Your objective >> Your task is to copy each line of the material below that includes "elim".

### Dataset records ###

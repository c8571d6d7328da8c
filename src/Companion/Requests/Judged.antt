-- ===== src/Companion/Requests/Judged.antt =====
-- What each request of CompanionLink.c makes of its exchange.
use ddtsoft_net_test.Base.{◌⊎◌, false, ℕ, ◌≡◌, refl, arith, true, Bool-cases, inl, inr, Bytes}
use ddtsoft_net_test.Efi.{EfiStatus, success, device_error, efi_error}
use ddtsoft_net_test.Runner.{Text, codes}
use ddtsoft_net_test.Companion.{
  Link, connected, Driver, Exchange, unsent, unanswered, answered, max_msg_size, starts_with,
}
use ddtsoft_net_test.Companion.Requests.{judge_prepare, judge_start, judge_stop, judge_result}
use ddtsoft_net_test.Companion.Receive.{IsDelivered}

-- A response that the driver delivered to the link's address and port.
pub record IsAnswer {W : Type 0} (d : Driver W) (link : Link) (size : ℕ) (r : Bytes) : Type 0 where
  pub listener : Link
  pub ip_same : listener.companion_ip ≡ link.companion_ip
  pub port_same : listener.port ≡ link.port
  pub delivered : IsDelivered d listener r size

unfoldable pub Fits : {W : Type 0} → Driver W → Link → ℕ → Exchange → Type 0
Fits d link size (unsent s) = efi_error s ≡ true
Fits d link size (unanswered s) = efi_error s ≡ true
Fits d link size (answered r) = IsAnswer d link size r

-- The response of an exchange, or the buffer if there is none.
abbrev pub buffer_of : Exchange → Bytes → Bytes
buffer_of (answered r) b = r
buffer_of _ b = b

-- The result of a request: a success has an answer with the prefix, and the link stays connected.
pub data Reply {W : Type 0} (d : Driver W) (link : Link) (start : Text)
    : EfiStatus → Link → Type 0 where
  accepted :
      (l' : Link) (r : Bytes)
      → l'.state ≡ connected
      → IsAnswer d link max_msg_size r
      → starts_with r 0 start ≡ true
      → Reply d link start success l'
  failed :
      (s : EfiStatus) (l' : Link)
      → l'.state ≡ connected
      → efi_error s ≡ true
      → Reply d link start s l'

module _ {W : Type 0} (d : Driver W) (link l' : Link) (c : l'.state ≡ connected) where
  pub judge_prepare-Reply :
      (x : Exchange)
      → Fits d link max_msg_size x
      → Reply d link (codes "READY") (judge_prepare x l').0 (judge_prepare x l').1
  unfolding judge_prepare Fits
  judge_prepare-Reply (unsent s) h = failed s _ c h
  judge_prepare-Reply (unanswered s) h = failed s _ c h
  judge_prepare-Reply (answered r) h = elim (Bool-cases (starts_with r 0 (codes "READY"))) [
    | inl yes_ ↦ rw yes_ (accepted _ r c h yes_)
    | inr no_ ↦ elim (Bool-cases (starts_with r 0 (codes "ERROR"))) [
      | inl e ↦ rw (no_, e) (failed device_error _ c refl)
      | inr e ↦ rw (no_, e) (failed device_error _ c refl)
    ]
  ]

  pub judge_start-Reply :
      (x : Exchange)
      → Fits d link max_msg_size x
      → Reply d link (codes "ACK") (judge_start x l').0 (judge_start x l').1
  unfolding judge_start Fits
  judge_start-Reply (unsent s) h = failed s _ c h
  judge_start-Reply (unanswered s) h = failed s _ c h
  judge_start-Reply (answered r) h = elim (Bool-cases (starts_with r 0 (codes "ACK"))) [
    | inl yes_ ↦ rw yes_ (accepted _ r c h yes_)
    | inr no_ ↦ rw no_ (failed device_error _ c refl)
  ]

  pub judge_stop-Reply :
      (x : Exchange)
      → Fits d link max_msg_size x
      → Reply d link (codes "ACK") (judge_stop x l').0 (judge_stop x l').1
  unfolding judge_stop Fits
  judge_stop-Reply (unsent s) h = failed s _ c h
  judge_stop-Reply (unanswered s) h = failed s _ c h
  judge_stop-Reply (answered r) h = elim (Bool-cases (starts_with r 0 (codes "ACK"))) [
    | inl yes_ ↦ rw yes_ (accepted _ r c h yes_)
    | inr no_ ↦ rw no_ (failed device_error _ c refl)
  ]

-- A result that the caller may use: an answer in the buffer that is not an error.
module _ {W : Type 0} (d : Driver W) (link l' : Link) (size : ℕ) where
  pub judge_result_state : (x : Exchange) → (judge_result x l').1.state ≡ l'.state
  unfolding judge_result
  judge_result_state (unsent s) = refl
  judge_result_state (unanswered s) = refl
  judge_result_state (answered r) = ground arith

  report_is_no_error :
      (r : Bytes)
      → starts_with r 0 (codes "REPORT") ≡ true
      → starts_with r 0 (codes "ERROR") ≡ false
  report_is_no_error r h = unfold starts_with in ground (arith, h)

  pub judge_result_lem :
      (x : Exchange) (r : Bytes)
      → Fits d link size x
      → buffer_of x r ≡ r
      → (efi_error (judge_result x l').0 ≡ true)
        ⊎ (((judge_result x l').0 ≡ success)
            × IsAnswer d link size r
            × (starts_with r 0 (codes "ERROR") ≡ false))
  unfolding judge_result Fits
  judge_result_lem (unsent s) r h e = inl h
  judge_result_lem (unanswered s) r h e = inl h
  judge_result_lem (answered q) r h e = elim (Bool-cases (starts_with r 0 (codes "REPORT"))) [
    | inl good ↦ inr (rw (e, good) refl, rw (← e) h, report_is_no_error r good)
    | inr bad ↦ elim (Bool-cases (starts_with r 0 (codes "ERROR"))) [
      | inl err ↦ inl (rw (e, bad, err) refl)
      | inr fine ↦ inr (rw (e, bad, fine) refl, rw (← e) h, fine)
    ]
  ]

###

Response to the exercise >>
  judge_prepare-Reply (answered r) h = elim (Bool-cases (starts_with r 0 (codes "READY"))) [
    | inr no_ ↦ elim (Bool-cases (starts_with r 0 (codes "ERROR"))) [
  judge_start-Reply (answered r) h = elim (Bool-cases (starts_with r 0 (codes "ACK"))) [
  judge_stop-Reply (answered r) h = elim (Bool-cases (starts_with r 0 (codes "ACK"))) [
  judge_result_lem (answered q) r h e = elim (Bool-cases (starts_with r 0 (codes "REPORT"))) [
    | inr bad ↦ elim (Bool-cases (starts_with r 0 (codes "ERROR"))) [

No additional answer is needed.